Among the entries below, please repeat exactly and only the lines from the line containing "-- l.isEmpty()" to the line containing "-- the second loop", both lines included.

• _Collected data entries_
==============================

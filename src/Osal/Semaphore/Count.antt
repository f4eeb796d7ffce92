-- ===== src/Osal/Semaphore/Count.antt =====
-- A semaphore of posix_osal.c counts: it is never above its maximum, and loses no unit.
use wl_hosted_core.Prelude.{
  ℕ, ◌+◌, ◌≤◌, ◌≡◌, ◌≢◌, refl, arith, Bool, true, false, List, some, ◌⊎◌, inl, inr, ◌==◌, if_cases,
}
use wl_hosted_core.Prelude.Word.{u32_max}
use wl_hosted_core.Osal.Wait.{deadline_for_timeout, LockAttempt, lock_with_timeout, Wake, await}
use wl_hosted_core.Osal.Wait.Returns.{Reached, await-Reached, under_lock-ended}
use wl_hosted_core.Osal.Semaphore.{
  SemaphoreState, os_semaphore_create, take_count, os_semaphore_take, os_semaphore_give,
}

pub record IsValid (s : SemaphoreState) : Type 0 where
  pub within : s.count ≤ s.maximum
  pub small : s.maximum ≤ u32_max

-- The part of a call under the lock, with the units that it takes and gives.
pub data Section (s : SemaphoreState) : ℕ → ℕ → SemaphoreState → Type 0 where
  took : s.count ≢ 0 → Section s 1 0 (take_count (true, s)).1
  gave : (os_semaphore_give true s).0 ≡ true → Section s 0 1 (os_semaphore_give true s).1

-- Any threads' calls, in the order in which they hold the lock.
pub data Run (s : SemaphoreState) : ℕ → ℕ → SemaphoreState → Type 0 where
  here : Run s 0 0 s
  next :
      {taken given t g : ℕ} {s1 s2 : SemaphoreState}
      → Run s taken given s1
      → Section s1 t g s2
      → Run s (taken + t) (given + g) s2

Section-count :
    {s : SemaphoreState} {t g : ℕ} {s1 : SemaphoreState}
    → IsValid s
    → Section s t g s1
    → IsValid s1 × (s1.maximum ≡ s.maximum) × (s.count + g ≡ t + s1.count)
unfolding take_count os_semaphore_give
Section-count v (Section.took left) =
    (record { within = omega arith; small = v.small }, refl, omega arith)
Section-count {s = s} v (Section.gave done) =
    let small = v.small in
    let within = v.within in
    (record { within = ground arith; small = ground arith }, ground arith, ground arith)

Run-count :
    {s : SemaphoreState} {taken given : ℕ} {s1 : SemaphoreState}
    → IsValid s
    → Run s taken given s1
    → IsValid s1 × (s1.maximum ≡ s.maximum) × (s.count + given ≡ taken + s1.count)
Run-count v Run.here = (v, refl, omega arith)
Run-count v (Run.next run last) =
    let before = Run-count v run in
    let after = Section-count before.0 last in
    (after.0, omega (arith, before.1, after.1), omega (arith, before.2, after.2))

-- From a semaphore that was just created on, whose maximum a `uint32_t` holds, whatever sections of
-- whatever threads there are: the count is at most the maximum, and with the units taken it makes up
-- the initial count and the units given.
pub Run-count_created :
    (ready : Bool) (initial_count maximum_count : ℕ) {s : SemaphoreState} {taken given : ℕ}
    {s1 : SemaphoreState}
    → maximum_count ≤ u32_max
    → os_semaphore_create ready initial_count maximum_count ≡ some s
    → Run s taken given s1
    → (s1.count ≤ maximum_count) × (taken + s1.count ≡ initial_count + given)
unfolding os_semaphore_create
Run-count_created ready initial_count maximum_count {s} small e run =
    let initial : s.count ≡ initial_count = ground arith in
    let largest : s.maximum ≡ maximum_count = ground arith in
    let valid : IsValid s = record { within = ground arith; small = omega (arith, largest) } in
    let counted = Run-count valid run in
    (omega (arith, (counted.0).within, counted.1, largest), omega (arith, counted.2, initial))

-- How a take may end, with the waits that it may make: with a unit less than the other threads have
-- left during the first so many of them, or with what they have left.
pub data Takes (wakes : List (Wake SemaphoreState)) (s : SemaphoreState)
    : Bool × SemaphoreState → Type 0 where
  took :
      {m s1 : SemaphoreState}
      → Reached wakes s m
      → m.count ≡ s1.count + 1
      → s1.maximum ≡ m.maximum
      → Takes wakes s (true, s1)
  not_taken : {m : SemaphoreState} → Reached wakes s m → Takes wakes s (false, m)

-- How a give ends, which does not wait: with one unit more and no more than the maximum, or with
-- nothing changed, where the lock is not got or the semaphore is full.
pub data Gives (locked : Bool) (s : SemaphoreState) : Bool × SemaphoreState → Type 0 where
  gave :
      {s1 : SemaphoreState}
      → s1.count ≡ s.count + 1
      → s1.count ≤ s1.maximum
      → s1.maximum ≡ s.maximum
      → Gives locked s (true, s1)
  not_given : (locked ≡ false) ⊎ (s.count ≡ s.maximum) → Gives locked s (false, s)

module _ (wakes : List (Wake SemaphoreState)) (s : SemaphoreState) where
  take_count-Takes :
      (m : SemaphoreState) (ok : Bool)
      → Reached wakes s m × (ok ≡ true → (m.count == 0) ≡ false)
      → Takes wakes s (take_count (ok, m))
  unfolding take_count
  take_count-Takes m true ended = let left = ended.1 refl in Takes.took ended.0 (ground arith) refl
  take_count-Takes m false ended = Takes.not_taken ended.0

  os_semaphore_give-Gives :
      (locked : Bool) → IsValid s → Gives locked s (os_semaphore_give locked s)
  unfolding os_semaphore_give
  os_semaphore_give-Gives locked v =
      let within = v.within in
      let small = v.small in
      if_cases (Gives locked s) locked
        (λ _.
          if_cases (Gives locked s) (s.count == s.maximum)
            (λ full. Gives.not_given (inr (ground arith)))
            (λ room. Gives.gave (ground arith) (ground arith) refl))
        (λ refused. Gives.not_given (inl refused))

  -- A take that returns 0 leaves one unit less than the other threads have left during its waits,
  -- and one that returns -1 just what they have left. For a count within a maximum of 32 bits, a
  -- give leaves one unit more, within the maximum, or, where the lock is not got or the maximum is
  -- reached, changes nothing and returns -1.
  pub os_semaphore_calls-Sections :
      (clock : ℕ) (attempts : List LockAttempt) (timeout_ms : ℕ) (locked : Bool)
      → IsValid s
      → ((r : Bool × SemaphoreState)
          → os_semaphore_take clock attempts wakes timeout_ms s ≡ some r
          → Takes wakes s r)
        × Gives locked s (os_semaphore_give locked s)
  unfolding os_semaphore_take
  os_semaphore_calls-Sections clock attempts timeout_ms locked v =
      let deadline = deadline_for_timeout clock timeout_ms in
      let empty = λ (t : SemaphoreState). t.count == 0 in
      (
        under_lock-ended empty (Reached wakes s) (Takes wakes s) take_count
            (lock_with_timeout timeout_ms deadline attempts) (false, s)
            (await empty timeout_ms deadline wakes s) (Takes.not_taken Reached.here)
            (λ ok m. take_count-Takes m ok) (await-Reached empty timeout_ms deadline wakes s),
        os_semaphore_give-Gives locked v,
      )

==============================

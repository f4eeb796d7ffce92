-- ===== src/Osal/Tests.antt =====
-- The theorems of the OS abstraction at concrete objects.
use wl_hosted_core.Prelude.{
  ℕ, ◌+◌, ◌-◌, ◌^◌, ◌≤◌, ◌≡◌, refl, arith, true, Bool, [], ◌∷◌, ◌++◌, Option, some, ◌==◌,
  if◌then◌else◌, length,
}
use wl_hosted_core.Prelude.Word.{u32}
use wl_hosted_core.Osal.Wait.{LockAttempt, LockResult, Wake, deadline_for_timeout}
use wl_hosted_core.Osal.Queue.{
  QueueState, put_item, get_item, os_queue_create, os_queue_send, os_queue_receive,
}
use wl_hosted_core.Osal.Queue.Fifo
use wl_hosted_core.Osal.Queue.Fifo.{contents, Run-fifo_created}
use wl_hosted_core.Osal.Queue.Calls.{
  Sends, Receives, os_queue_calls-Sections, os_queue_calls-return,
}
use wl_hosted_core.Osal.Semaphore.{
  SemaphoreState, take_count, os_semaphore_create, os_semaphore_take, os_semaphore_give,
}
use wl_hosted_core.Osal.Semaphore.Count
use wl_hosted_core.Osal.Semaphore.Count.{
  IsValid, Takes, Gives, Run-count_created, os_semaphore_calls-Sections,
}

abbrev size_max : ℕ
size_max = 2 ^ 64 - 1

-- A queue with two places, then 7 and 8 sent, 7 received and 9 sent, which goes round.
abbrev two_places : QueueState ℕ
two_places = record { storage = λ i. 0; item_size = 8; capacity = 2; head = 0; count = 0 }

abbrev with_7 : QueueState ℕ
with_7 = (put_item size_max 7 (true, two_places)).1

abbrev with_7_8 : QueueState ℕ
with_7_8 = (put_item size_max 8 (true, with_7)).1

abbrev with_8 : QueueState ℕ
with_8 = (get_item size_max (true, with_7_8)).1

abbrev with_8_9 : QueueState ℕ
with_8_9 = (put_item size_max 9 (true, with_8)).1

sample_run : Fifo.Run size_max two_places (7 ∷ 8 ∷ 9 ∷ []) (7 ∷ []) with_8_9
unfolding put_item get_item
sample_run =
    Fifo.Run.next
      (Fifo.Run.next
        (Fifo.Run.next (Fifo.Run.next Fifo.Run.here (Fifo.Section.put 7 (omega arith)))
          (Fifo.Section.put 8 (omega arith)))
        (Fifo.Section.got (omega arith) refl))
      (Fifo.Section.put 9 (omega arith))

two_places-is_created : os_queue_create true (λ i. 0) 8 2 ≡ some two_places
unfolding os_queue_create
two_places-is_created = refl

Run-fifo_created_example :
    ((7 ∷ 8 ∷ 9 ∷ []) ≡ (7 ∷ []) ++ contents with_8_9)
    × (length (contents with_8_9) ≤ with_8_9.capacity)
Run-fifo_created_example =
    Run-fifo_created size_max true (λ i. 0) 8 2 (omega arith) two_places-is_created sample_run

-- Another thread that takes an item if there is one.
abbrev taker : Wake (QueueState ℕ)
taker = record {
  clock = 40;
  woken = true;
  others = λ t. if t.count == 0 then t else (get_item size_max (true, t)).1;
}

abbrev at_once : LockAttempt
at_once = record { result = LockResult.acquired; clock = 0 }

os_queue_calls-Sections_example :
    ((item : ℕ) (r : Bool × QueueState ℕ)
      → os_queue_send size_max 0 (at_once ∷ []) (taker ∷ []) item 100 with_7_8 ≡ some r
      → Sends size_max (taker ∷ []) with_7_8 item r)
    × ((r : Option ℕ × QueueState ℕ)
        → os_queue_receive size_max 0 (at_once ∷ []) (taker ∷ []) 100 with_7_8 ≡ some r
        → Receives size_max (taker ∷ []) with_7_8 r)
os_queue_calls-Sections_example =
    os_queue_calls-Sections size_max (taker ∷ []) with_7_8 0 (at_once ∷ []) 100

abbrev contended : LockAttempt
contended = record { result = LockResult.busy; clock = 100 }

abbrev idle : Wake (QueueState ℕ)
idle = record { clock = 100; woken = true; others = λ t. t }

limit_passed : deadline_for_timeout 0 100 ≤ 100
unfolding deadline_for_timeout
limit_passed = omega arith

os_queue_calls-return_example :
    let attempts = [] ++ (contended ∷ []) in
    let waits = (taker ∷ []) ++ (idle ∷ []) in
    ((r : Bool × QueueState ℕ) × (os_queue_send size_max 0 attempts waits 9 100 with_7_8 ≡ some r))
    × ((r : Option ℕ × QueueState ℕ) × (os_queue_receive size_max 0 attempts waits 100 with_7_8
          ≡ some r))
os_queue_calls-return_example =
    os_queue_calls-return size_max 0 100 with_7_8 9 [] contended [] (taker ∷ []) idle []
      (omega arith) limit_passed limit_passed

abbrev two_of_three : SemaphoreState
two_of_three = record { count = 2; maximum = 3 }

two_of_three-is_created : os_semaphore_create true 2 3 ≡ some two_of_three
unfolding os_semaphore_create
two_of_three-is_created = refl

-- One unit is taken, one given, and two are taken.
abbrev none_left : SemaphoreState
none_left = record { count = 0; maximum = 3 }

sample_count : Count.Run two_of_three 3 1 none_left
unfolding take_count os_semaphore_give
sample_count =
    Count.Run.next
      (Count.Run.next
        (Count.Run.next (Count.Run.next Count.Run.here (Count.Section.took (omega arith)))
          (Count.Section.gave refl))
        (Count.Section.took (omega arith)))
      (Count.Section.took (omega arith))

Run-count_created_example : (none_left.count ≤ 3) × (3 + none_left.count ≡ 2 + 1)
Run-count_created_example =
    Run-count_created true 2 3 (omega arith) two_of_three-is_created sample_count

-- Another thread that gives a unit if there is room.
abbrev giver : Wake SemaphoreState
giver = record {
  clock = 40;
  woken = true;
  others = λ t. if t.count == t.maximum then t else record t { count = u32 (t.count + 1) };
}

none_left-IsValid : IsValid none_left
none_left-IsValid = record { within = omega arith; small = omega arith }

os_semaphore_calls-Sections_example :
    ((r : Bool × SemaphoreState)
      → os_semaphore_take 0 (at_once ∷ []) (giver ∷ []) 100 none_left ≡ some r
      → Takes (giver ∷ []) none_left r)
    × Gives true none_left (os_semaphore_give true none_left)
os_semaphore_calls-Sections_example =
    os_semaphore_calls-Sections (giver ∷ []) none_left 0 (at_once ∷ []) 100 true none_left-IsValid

==============================

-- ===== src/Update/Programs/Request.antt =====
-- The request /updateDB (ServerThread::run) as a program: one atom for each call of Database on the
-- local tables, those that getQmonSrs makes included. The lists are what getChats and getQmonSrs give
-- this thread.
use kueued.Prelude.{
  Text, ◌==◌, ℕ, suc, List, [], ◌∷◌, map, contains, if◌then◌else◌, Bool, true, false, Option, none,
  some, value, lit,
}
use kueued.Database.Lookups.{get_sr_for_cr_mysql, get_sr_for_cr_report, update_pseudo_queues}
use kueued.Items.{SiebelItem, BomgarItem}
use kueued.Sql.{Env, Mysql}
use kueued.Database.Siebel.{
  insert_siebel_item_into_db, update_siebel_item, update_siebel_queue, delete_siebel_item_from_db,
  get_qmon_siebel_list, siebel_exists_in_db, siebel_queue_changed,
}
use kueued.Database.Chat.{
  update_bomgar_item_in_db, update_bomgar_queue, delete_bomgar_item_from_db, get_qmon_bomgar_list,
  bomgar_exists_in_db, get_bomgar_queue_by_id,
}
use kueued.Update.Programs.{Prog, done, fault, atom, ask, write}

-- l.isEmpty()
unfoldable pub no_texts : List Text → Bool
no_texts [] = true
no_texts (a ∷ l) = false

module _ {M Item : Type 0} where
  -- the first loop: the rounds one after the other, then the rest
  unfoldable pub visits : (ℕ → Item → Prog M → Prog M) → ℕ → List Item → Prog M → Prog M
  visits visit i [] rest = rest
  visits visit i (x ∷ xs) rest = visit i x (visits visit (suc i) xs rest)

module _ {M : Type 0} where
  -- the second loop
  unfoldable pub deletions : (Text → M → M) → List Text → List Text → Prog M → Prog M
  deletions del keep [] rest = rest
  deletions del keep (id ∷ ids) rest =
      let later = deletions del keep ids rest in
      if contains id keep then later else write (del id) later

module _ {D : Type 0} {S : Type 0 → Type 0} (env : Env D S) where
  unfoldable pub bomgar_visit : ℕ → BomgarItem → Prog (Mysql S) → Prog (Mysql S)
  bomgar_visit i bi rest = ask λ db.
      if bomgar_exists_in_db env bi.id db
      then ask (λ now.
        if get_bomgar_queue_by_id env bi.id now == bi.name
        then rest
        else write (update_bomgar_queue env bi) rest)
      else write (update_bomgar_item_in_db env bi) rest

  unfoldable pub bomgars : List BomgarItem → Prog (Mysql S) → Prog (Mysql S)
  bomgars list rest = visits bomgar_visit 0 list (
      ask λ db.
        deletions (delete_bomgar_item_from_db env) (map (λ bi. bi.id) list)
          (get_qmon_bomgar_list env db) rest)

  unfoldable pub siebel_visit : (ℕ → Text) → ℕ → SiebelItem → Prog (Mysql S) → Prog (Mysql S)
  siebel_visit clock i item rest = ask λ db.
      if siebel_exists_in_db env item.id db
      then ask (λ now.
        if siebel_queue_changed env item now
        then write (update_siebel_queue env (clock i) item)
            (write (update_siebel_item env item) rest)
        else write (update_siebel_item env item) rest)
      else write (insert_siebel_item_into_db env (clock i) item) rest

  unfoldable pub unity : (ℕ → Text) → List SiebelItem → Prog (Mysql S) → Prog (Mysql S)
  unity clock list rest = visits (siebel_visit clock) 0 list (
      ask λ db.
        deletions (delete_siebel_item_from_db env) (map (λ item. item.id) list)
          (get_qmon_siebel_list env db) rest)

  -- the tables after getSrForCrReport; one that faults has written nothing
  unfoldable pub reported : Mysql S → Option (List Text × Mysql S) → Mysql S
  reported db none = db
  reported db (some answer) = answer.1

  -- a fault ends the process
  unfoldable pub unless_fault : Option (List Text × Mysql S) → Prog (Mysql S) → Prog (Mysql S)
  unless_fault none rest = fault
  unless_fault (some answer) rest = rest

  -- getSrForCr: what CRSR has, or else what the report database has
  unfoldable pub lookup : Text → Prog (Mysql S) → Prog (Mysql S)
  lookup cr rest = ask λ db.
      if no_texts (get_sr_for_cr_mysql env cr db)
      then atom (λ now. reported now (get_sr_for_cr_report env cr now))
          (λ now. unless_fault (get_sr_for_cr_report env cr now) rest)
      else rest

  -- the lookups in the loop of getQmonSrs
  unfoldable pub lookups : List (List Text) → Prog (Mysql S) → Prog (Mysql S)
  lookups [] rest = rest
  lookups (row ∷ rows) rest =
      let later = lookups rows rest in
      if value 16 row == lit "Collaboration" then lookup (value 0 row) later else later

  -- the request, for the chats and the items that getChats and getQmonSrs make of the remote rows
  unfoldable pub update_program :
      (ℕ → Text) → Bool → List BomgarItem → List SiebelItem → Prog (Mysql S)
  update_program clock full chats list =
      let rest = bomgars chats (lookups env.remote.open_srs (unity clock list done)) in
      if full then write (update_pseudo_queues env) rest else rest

==============================

• _TASK RESULT_
-- l.isEmpty()
unfoldable pub no_texts : List Text → Bool
no_texts [] = true
no_texts (a ∷ l) = false

module _ {M Item : Type 0} where
  -- the first loop: the rounds one after the other, then the rest
  unfoldable pub visits : (ℕ → Item → Prog M → Prog M) → ℕ → List Item → Prog M → Prog M
  visits visit i [] rest = rest
  visits visit i (x ∷ xs) rest = visit i x (visits visit (suc i) xs rest)

module _ {M : Type 0} where
  -- the second loop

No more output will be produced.